MNCDUIT.COM JAKARTA. Sejumlah emiten BUMN Karya melaporkan pencapaian nilai kontrak baru (NKB) hingga Mei 2025. Angka-angka ini menjadi sorotan dalam evaluasi prospek sektor konstruksi di tengah tantangan ekonomi.
PT Pembangunan Perumahan Tbk (PTPP) memimpin dengan membukukan kontrak baru senilai Rp 7,65 triliun, yang setara dengan 26,9% dari target tahunan perusahaan. Sementara itu, emiten konstruksi lainnya juga mencatatkan perolehan kontrak yang signifikan. PT Wijaya Karya Tbk (WIKA) meraih Rp 3,37 triliun, PT Adhi Karya Tbk (ADHI) sebesar Rp 2,6 triliun, PT Waskita Karya Tbk (WSKT) Rp 1,2 triliun, dan PT Wijaya Karya Bangunan Gedung Tbk (WEGE) Rp 100 miliar.

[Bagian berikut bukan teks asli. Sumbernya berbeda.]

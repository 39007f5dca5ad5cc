-- ===== src/App/Recover.antt =====
-- What an error does.
use xiaozhi.App.Actions.{
  start_client, started, tell, stop_client, forget_session, return_to_wake, handle_action,
}
use xiaozhi.App.Consistent.{Consistent}
use xiaozhi.App.Loop.{dispatch, dispatch_type}
use xiaozhi.App.Messages.{handle_session}
use xiaozhi.App.Callbacks.{client_callback, message_zero}
use xiaozhi.App.State.{
  App, World, event_of, push_event, set_state, upload_off, close_opus_dump_file,
}
use xiaozhi.Base.{
  ◌≡◌, refl, sym, subst, ap, ◌∙◌, Bool, true, false, List, [], ◌∷◌, none, if◌then◌else◌, arith,
  some, inl, inr, Bool-cases,
}
use xiaozhi.Base.Strings.{Bytes, codes}
use xiaozhi.Capture.{set_uploading}
use xiaozhi.Client.Calls
use xiaozhi.Client.Calls.{Closing, closes, fails, quiet}
use xiaozhi.EventQueue
use xiaozhi.EventQueue.{EventQueue}
use xiaozhi.Base.Int.{pos, negsuc}
use xiaozhi.Dump.{Dump, close_dump, close_file}
use xiaozhi.Event.{Event, EventType}
use xiaozhi.Session.{Action, Session, State, handle_event}

-- The events after the old connection is closed, with what libwebsockets reports of that: an
-- unexpected end of a connection is an error, unless the program stops.
abbrev pub reported : Closing → Bool → EventQueue → EventQueue
reported quiet stops events = events
reported closes stops events =
    let message = codes "websocket disconnected (code=0)" in
    if stops
    then events
    else (EventQueue.push events (event_of EventType.error (some message) (pos 0))).1
reported (fails message) stops events =
    (EventQueue.push events (event_of EventType.error (some message) (negsuc 0))).1

-- What the error leaves, whether or not a thread can be made for the new connection.
pub record Reset (made : Bool) (closing : Closing) (app app' : App) : Type 0 where
  pub state : app'.session.state ≡ State.connecting
  pub running : app'.client.running ≡ made
  pub started : app'.client_started ≡ made
  pub upload : app'.upload_enabled ≡ false
  pub microphone : app'.capture.uploading ≡ false
  pub session_id : app'.session_id ≡ []
  pub tts_done : app'.tts_done ≡ false
  pub dump : app.dump_mutex_initialized ≡ true → app'.dump.file ≡ none
  pub events :
      app'.events
      ≡ (if app.client_started then reported closing app.stop_requested app.events else app.events)

close-closed : (d : Dump) (b : Bool) → b ≡ true → (close_dump d b).file ≡ none
unfolding close_dump close_file
close-closed d b e = ground arith

-- What closing the connection of a client that runs leaves.
told_reported :
    {Item : Type 0} (w : World Item) (app : App)
    → app.client.running ≡ true
    → tell app (Calls.stop app.client w.closing) ≡ record app {
      client = (Calls.stop app.client w.closing).0;
      events = reported w.closing app.stop_requested app.events;
    }
unfolding tell client_callback push_event Calls.stop Calls.thread_end
told_reported w app r = ground (arith, message_zero)

if_true : {A : Type 0} (b : Bool) (x y : A) → b ≡ true → (if b then x else y) ≡ x
if_true true x y e = refl
if_true false x y e = absurd (cc e)

if_false : {A : Type 0} (b : Bool) (x y : A) → b ≡ false → (if b then x else y) ≡ y
if_false true x y e = absurd (cc e)
if_false false x y e = refl

stopped :
    {Item : Type 0} (w : World Item) (app : App)
    → app.client.running ≡ app.client_started
    → app.client_started ≡ true
    → stop_client w app ≡ record app {
      client = (Calls.stop app.client w.closing).0;
      client_started = false;
      events = reported w.closing app.stop_requested app.events;
    }
unfolding stop_client
stopped w app e on =
    if_true app.client_started _ app on
    ∙ ap (λ (a : App). record a { client_started = false }) (told_reported w app (e ∙ on))

not_stopped :
    {Item : Type 0} (w : World Item) (app : App)
    → app.client_started ≡ false
    → stop_client w app ≡ app
unfolding stop_client
not_stopped w app off = if_false app.client_started _ app off

-- From the stopped client on.
reconnect : {Item : Type 0} → World Item → App → App
reconnect w app = (start_client w (set_state app State.connecting)).1

return-Reset :
    {Item : Type 0} (w : World Item) (app : App)
    → app.client.running ≡ app.client_started
    → Reset w.thread_made w.closing app (return_to_wake w app)
unfolding return_to_wake start_client started forget_session close_opus_dump_file upload_off
    set_state set_uploading Calls.start Calls.stop Calls.thread_end reconnect
return-Reset w app e =
    let silent =
      forget_session (close_opus_dump_file (upload_off (record app { tts_done = false }))) in
    elim (Bool-cases app.client_started) [
      | inl on ↦
          subst (λ a. Reset w.thread_made w.closing app (reconnect w a))
            (sym (stopped w silent e on))
            (record {
              state = ground arith;
              running = ground arith;
              started = ground arith;
              upload = ground arith;
              microphone = ground arith;
              session_id = ground arith;
              tts_done = ground arith;
              dump = λ h. ground (arith, close-closed app.dump app.dump_mutex_initialized h);
              events = ground arith;
            })
      | inr off ↦
          subst (λ a. Reset w.thread_made w.closing app (reconnect w a))
            (sym (not_stopped w silent off))
            (record {
              state = ground arith;
              running = ground arith;
              started = ground arith;
              upload = ground arith;
              microphone = ground arith;
              session_id = ground arith;
              tts_done = ground arith;
              dump = λ h. ground (arith, close-closed app.dump app.dump_mutex_initialized h);
              events = ground arith;
            })
    ]

Reset-after :
    {made : Bool} {closing : Closing} {app app' : App} (s : Session)
    → Reset made closing (record app { session = s }) app'
    → Reset made closing app app'
Reset-after s r = record {
  state = r.state;
  running = r.running;
  started = r.started;
  upload = r.upload;
  microphone = r.microphone;
  session_id = r.session_id;
  tts_done = r.tts_done;
  dump = r.dump;
  events = r.events;
}

error_type :
    {Item : Type 0} (w : World Item) (app : App) (text : Bytes)
    → dispatch_type w app EventType.error text
      ≡ return_to_wake w (record app { session = record { state = State.error_backoff } })
unfolding dispatch_type handle_session handle_event handle_action
error_type w app text = refl

pub dispatch-error :
    {Item : Type 0} (w : World Item) (app : App) (e : Event)
    → Consistent app
    → e.type ≡ EventType.error
    → Reset w.thread_made w.closing app (dispatch w app e)
unfolding dispatch
dispatch-error w app e c t =
    rw (t, error_type w app e.text)
      (Reset-after (record { state = State.error_backoff })
        (return-Reset w (record app { session = record { state = State.error_backoff } }) c.client))

if_same : {A : Type 0} (b : Bool) (x : A) → (if b then x else x) ≡ x
if_same true x = refl
if_same false x = refl

-- The events that a user and the microphone make.
abbrev pub is_local : EventType → Bool
is_local EventType.manual_start = true
is_local EventType.manual_stop = true
is_local EventType.wakeword_detected = true
is_local EventType.capture_silence_timeout = true
is_local _ = false

abbrev pub AllLocal : List Event → Type 0
AllLocal [] = Unit
AllLocal (e ∷ es) = (is_local e.type ≡ true) × AllLocal es

abbrev pub dispatch_all : {Item : Type 0} → World Item → App → List Event → App
dispatch_all w app [] = app
dispatch_all w app (e ∷ es) = dispatch_all w (dispatch w app e) es

local_ignored :
    (s : Session) (t : EventType)
    → s.state ≡ State.connecting
    → is_local t ≡ true
    → handle_event s t ≡ (Action.nothing, s)
unfolding handle_event
local_ignored s t e h = ground arith

local_type :
    {Item : Type 0} (w : World Item) (app : App) (t : EventType) (text : Bytes)
    → is_local t ≡ true
    → dispatch_type w app t text ≡ handle_session w app t
unfolding dispatch_type
local_type w app EventType.manual_start text h = refl
local_type w app EventType.manual_stop text h = refl
local_type w app EventType.wakeword_detected text h = refl
local_type w app EventType.capture_silence_timeout text h = refl
local_type w app EventType.nothing text h = cc
local_type w app EventType.ws_connected text h = cc
local_type w app EventType.ws_hello text h = cc
local_type w app EventType.ws_text text h = cc
local_type w app EventType.ws_binary text h = cc
local_type w app EventType.playback_finished text h = cc
local_type w app EventType.error text h = cc
local_type w app EventType.shutdown text h = cc

local_same :
    {Item : Type 0} (w : World Item) (app : App) (t : EventType)
    → app.session.state ≡ State.connecting
    → is_local t ≡ true
    → handle_session w app t ≡ app
unfolding handle_session handle_action
local_same w app t e h =
    ap (λ (x : Action × Session). handle_action w (record app { session = x.1 }) x.0)
      (local_ignored app.session t e h)

stuck :
    {Item : Type 0} (w : World Item) (app : App) (es : List Event)
    → app.session.state ≡ State.connecting
    → AllLocal es
    → dispatch_all w app es ≡ app
unfolding dispatch
stuck w app [] s h = refl
stuck w app (e ∷ es) s h =
    rw (local_type w app e.type e.text h.0, local_same w app e.type s h.0) (stuck w app es s h.1)

-- If the thread of the new connection cannot be made, and libwebsockets has nothing to report of the
-- old one, as when the server closed it before, the program waits for good: the client does not run,
-- nothing is queued, and no event of the user or of the microphone changes the state again.
pub failed_restart :
    {Item : Type 0} (w : World Item) (app : App) (e : Event) (es : List Event)
    → Consistent app
    → e.type ≡ EventType.error
    → w.thread_made ≡ false
    → w.closing ≡ quiet
    → AllLocal es
    → ((dispatch w app e).client.running ≡ false)
      × ((dispatch w app e).events ≡ app.events)
      × (dispatch_all w (dispatch w app e) es ≡ dispatch w app e)
failed_restart w app e es c t f q h =
    let r = dispatch-error w app e c t in
    (
      r.running ∙ f,
      r.events
          ∙ ap
              (λ k.
                if app.client_started then reported k app.stop_requested app.events else app.events)
              q
          ∙ if_same app.client_started app.events,
      stuck w (dispatch w app e) es r.state h,
    )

Meski demikian, capaian ini dinilai belum sepenuhnya memuaskan. Senior Equity Research Kiwoom Sekuritas Indonesia, Sukarno Alatas, menyoroti bahwa realisasi kontrak baru BUMN Karya hingga Mei 2025 justru mengalami penurunan dibandingkan periode yang sama tahun lalu. Menurutnya, kondisi ini sebagian besar disebabkan oleh belum jelasnya arah kebijakan pemerintah terkait kelanjutan proyek-proyek infrastruktur strategis. “Peluang BUMN Karya untuk mencapai target NKB tahun 2025 cukup menantang dan berpotensi sulit terpenuhi, kecuali terjadi akselerasi signifikan dalam perolehan kontrak di sisa tahun ini,” ujar Sukarno kepada Kontan.co.id, Senin (16/6).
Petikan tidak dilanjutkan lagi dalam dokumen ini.